Some big news for our family
I have been a bit quiet on the blog lately, trying to figure out how to announce our third pregnancy. We are expecting a baby in October! I have been so exhausted this time around that I haven’t been able to do my usual Zürich walks, coffees, and brunches. My foggy baby brain has already been active for months. I feel as if I have been laying on our sofa since January. Hoping this fog and tiredness would fade in the second trimester, here I am, writing on my sofa, 23 weeks pregnant, unable to get the energy to go on my walks.
How We Found Out I Was Pregnant
When we were at the Kinderhotel in February for a ski holiday, I discovered we were pregnant. We were sitting in the restaurant and the smell of the oil the chef was using was really bothering me. So much so that I was becoming quite irrational smelling the oil cooking. That night I went back to our room and Googled a pregnancy calculator and figured we were 5 weeks pregnant. A doctor’s visit 2 weeks later confirmed we were 7 weeks pregnant.
A Pregnant Pause
I feel so out of the pregnancy loop with my girls now 7 and 5 years old. We are all quite excited, with the girls always talking about and planning for the baby. We just said goodbye to friends who stayed with us for a week with their newborn baby boy and the girls loved feeding him, playing with him, and even taking a bath together! I was especially surprised that my youngest really wanted to take care of the baby, she being the current baby herself.
But I am a very reserved and cautious pregnant person. I don’t naturally enjoy talking about anything related to the baby while I am pregnant. Is this crazy? I feel like this only passes when the baby is born, then I can relax a bit. Am I missing the whole blissful pregnancy part?
Am I Too Old To Be Pregnant?
I’m a lot older this time around. I was 30 and 32 with the girls and now I’m 38. And with my age and perhaps added weight I am having a much different pregnancy than with my first two. I have veins where I never thought veins could be (does anyone want to hear about this, because I kind of feel a duty to tell what is happening?!). Support hose are my new best friend. And the sofa has seen a lot of me for the past few months with my exhaustion at an all time high. I am usually full of enough energy to go on a long walk through Zürich, have a coffee and brunch. But not anymore. Coffee. My grandmother used to say that she knew she was pregnant the day she didn’t want her morning coffee. I feel the exact same way. I have no desire for coffee anymore. Isn’t it sad when a ritual like my morning coffee goes away?
Having A Baby Abroad
Our girls were born in Seattle and this baby will be born in Zürich. I wonder what it will be like to deliver in Switzerland and how it will be different.
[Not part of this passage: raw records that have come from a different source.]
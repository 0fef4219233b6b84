-- ===== src/Link/Server.antt =====
-- core/src/endbot_core/link.py: `LinkServer`, endbotd's listener, and `Presence` under its links.
use endbot.Prelude.{
  ℕ, ◌+◌, Bool, true, false, not, Option, none, some, List, [], ◌∷◌, ◌++◌, String, ◌==◌, leb,
  nat_eq, filter, length, contains, Json, null, int, pos, Dict, as_dict, as_list, as_str, get_json,
  Result, ok, err, invalid, unavailable, link_error, or_raise, raise_if, Outcome, attempt,
  if◌then◌else◌, traverse, ◌>>=◌, ◌>>◌,
}
use endbot.Principal.{Principal, post_init}
use endbot.Presence.{set_member, Presence, Player, reset, apply, player}

-- `MAX_CLI_CONNECTIONS`
abbrev pub max_cli_connections : ℕ
max_cli_connections = 4

-- Connections are numbered as they open; `link` and `cli` hold those that are in use.
pub record LinkServer : Type 0 where
  pub token : String
  pub registry : String
  pub takes_cli : Bool
  pub opened : ℕ
  pub link : Option ℕ
  pub cli : List ℕ
  pub stopped : Bool
  pub presence : Presence

abbrev pub no_presence : Presence
no_presence = record { epoch = none; joins = 0; players = [] }

unfoldable pub init : String → String → Bool → LinkServer
init token registry takes_cli = record {
  token = token;
  registry = registry;
  takes_cli = takes_cli;
  opened = 0;
  link = none;
  cli = [];
  stopped = false;
  presence = no_presence;
}

-- `token_matches`
unfoldable pub token_matches : String → Json → Bool
token_matches expected supplied = elim (as_str supplied) [ none ↦ false | some t ↦ expected == t ]

-- `body.get("protocol") == PROTOCOL`
unfoldable pub is_protocol : Json → Bool
is_protocol (int (pos n)) = nat_eq n 2
is_protocol _ = false

-- What a `hello` opens: a CLI connection, or the plugin's link with its epoch.
pub data Peer : Type 0 where
  cli_peer : Peer
  plugin_peer : String → Peer

unfoldable pub cli_hello : LinkServer → Result Peer
cli_hello s = if s.takes_cli then ok cli_peer else err (link_error "unsupported")

unfoldable pub plugin_hello : LinkServer → Dict Json → Result Peer
plugin_hello s body = do
  raise_if (not (token_matches s.registry (get_json "registryHash" body)))
      (link_error "registry_mismatch")
  epoch ← or_raise (as_str (get_json "epoch" body)) invalid
  raise_if (epoch == "") invalid
  ok (plugin_peer epoch)

-- The checks of `_handshake` on its first message.
unfoldable pub check_hello : LinkServer → Dict Json → Result Peer
check_hello s message = do
  raise_if (not (token_matches "hello" (get_json "type" message))) (link_error "protocol")
  body ← or_raise (as_dict (get_json "body" message)) (link_error "protocol")
  raise_if (not (token_matches s.token (get_json "token" body))) (link_error "unauthorized")
  raise_if (not (is_protocol (get_json "protocol" body))) (link_error "protocol_mismatch")
  if token_matches "cli" (get_json "client" body) then cli_hello s else plugin_hello s body

-- `_accept_cli`
unfoldable pub accept_cli : LinkServer → Outcome LinkServer (Unit {0})
accept_cli s = attempt (raise_if s.stopped unavailable) s λ _.
    attempt (raise_if (leb max_cli_connections (length s.cli)) (link_error "busy")) s
      λ _. (record s { cli = s.cli ++ s.opened ∷ []; opened = s.opened + 1 }, ok tt)

-- The end of `_handshake`: the new link replaces the one before, unless the server has stopped.
unfoldable pub take_link : String → LinkServer → Outcome LinkServer (Unit {0})
take_link epoch s = if s.stopped then (s, err unavailable) else (
  record s {
    link = some s.opened;
    opened = s.opened + 1;
    presence = reset (some epoch) s.presence;
  },
  ok tt,
)

unfoldable pub open_peer : Peer → LinkServer → Outcome LinkServer (Unit {0})
open_peer cli_peer s = accept_cli s
open_peer (plugin_peer epoch) s = take_link epoch s

-- `_handshake`; an error stands for a peer that is turned away, with its socket closed.
unfoldable pub handshake : Dict Json → LinkServer → Outcome LinkServer (Unit {0})
handshake message s = attempt (check_hello s message) s λ peer. open_peer peer s

abbrev pub is_link : ℕ → Option ℕ → Bool
is_link n none = false
is_link n (some current) = nat_eq current n

-- `_closed`: only the link that is in use takes the presence with it.
unfoldable pub link_closed : ℕ → LinkServer → LinkServer
link_closed n s =
    if is_link n s.link then record s { link = none; presence = reset none s.presence } else s

-- `_cli_closed`
unfoldable pub cli_closed : ℕ → LinkServer → LinkServer
cli_closed n s = record s { cli = filter (λ m. not (nat_eq m n)) s.cli }

-- `stop` up to its last statement, which `end_stop` is: the connections are closed in between.
unfoldable pub stop : LinkServer → LinkServer
stop s = record s { stopped = true; link = none; cli = [] }

unfoldable pub end_stop : LinkServer → LinkServer
end_stop s = record s { presence = reset none s.presence }

-- `_presence`
unfoldable pub report : Dict Json → LinkServer → Outcome LinkServer (List Player)
report body s =
    let (after, records) = apply body s.presence in (record s { presence = after }, records)

-- `ROOTS`
abbrev pub roots : List String
roots = "bot" ∷ "botgroup" ∷ "botscript" ∷ "botcontrollers" ∷ "botweb" ∷ []

pub record Submission : Type 0 where
  pub root : String
  pub principal : Principal
  pub argv : Option (List String)
  pub operation : Option (Dict Json)
  pub guard : Option (Dict Json)

abbrev is_null : Json → Bool
is_null null = true
is_null _ = false

abbrev same_test : Bool → Bool → Bool
same_test true b = b
same_test false b = not b

-- A list of texts or `None`, and an object or `None`; anything else raises.
unfoldable pub argv_of : Json → Result (Option (List String))
argv_of null = ok none
argv_of j = do
  items ← or_raise (as_list j) invalid
  argv ← traverse (λ i. or_raise (as_str i) invalid) items
  ok (some argv)

unfoldable pub dict_or_none : Json → Result (Option (Dict Json))
dict_or_none null = ok none
dict_or_none j = do d ← or_raise (as_dict j) invalid; ok (some d)

abbrev pub language_of : Json → String
language_of j = elim (as_str j) [ none ↦ "en" | some l ↦ l ]

unfoldable pub console_sender : Option (Dict Json) → Principal
console_sender origin = record {
  kind = "console";
  name = none;
  xuid = none;
  grant_revision = none;
  language = "en";
  player_id = none;
  origin = origin;
  authorization_revision = none;
  run_id = none;
  role = none;
}

-- What `LinkServer` was given: the grant revision of a player, and the role of an XUID.
module _ (grant_revision : String → ℕ) (role : String → Option String) where
  -- A player, as the presence has it; one that is not there has no name, XUID or session.
  unfoldable pub player_sender : String → String → Option (Dict Json) → Option Player → Principal
  player_sender player_id language origin none = record {
    kind = "player";
    name = none;
    xuid = none;
    grant_revision = some (grant_revision player_id);
    language = language;
    player_id = some player_id;
    origin = origin;
    authorization_revision = none;
    run_id = none;
    role = none;
  }
  player_sender player_id language origin (some r) = record {
    kind = "player";
    name = r.name;
    xuid = r.xuid;
    grant_revision = some (grant_revision player_id);
    language = language;
    player_id = some player_id;
    origin = origin;
    authorization_revision = some r.revision;
    run_id = none;
    role = elim r.xuid [ none ↦ none | some x ↦ if x == "" then none else role x ];
  }

  -- A player that a wire sender names.
  unfoldable pub named_sender : Dict Json → LinkServer → Result Principal
  named_sender d s = do
    player_id ← or_raise (as_str (get_json "playerId" d)) invalid
    raise_if (player_id == "") invalid
    ok (
        player_sender player_id (language_of (get_json "language" d))
          (as_dict (get_json "origin" d)) (player player_id s.presence))

  -- `_sender`
  unfoldable pub sender : Json → LinkServer → Result Principal
  sender wire s = do
    d ← or_raise (as_dict wire) invalid
    kind ← set_member (get_json "kind" d)
    raise_if (not (contains kind ("player" ∷ "console" ∷ []))) invalid
    p ←
        if kind == "console"
        then ok (console_sender (as_dict (get_json "origin" d)))
        else named_sender d s
    post_init p
    ok p

  -- `_submit` up to its call of `on_submit`, which takes what is returned here.
  unfoldable pub submission : Dict Json → LinkServer → Result Submission
  submission body s = do
    root ← set_member (get_json "root" body)
    raise_if (not (contains root roots)) invalid
    raise_if (same_test (is_null (get_json "argv" body)) (is_null (get_json "operation" body)))
        invalid
    argv ← argv_of (get_json "argv" body)
    operation ← dict_or_none (get_json "operation" body)
    guard ← dict_or_none (get_json "guard" body)
    p ← sender (get_json "sender" body) s
    ok (record { root = root; principal = p; argv = argv; operation = operation; guard = guard })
Thanks for letting me share all my worries and insecurities about my pregnancy. I feel a bit old, a bit rusty, and a bit nervous this time around. I would love to hear your advice. What apps do I need? What baby products do we need? We gave all our baby stuff away years ago when we moved to London. I feel like this time around I don’t need all the things. Probably just a crib and diapers, no fancy nursery this time around in our little flat.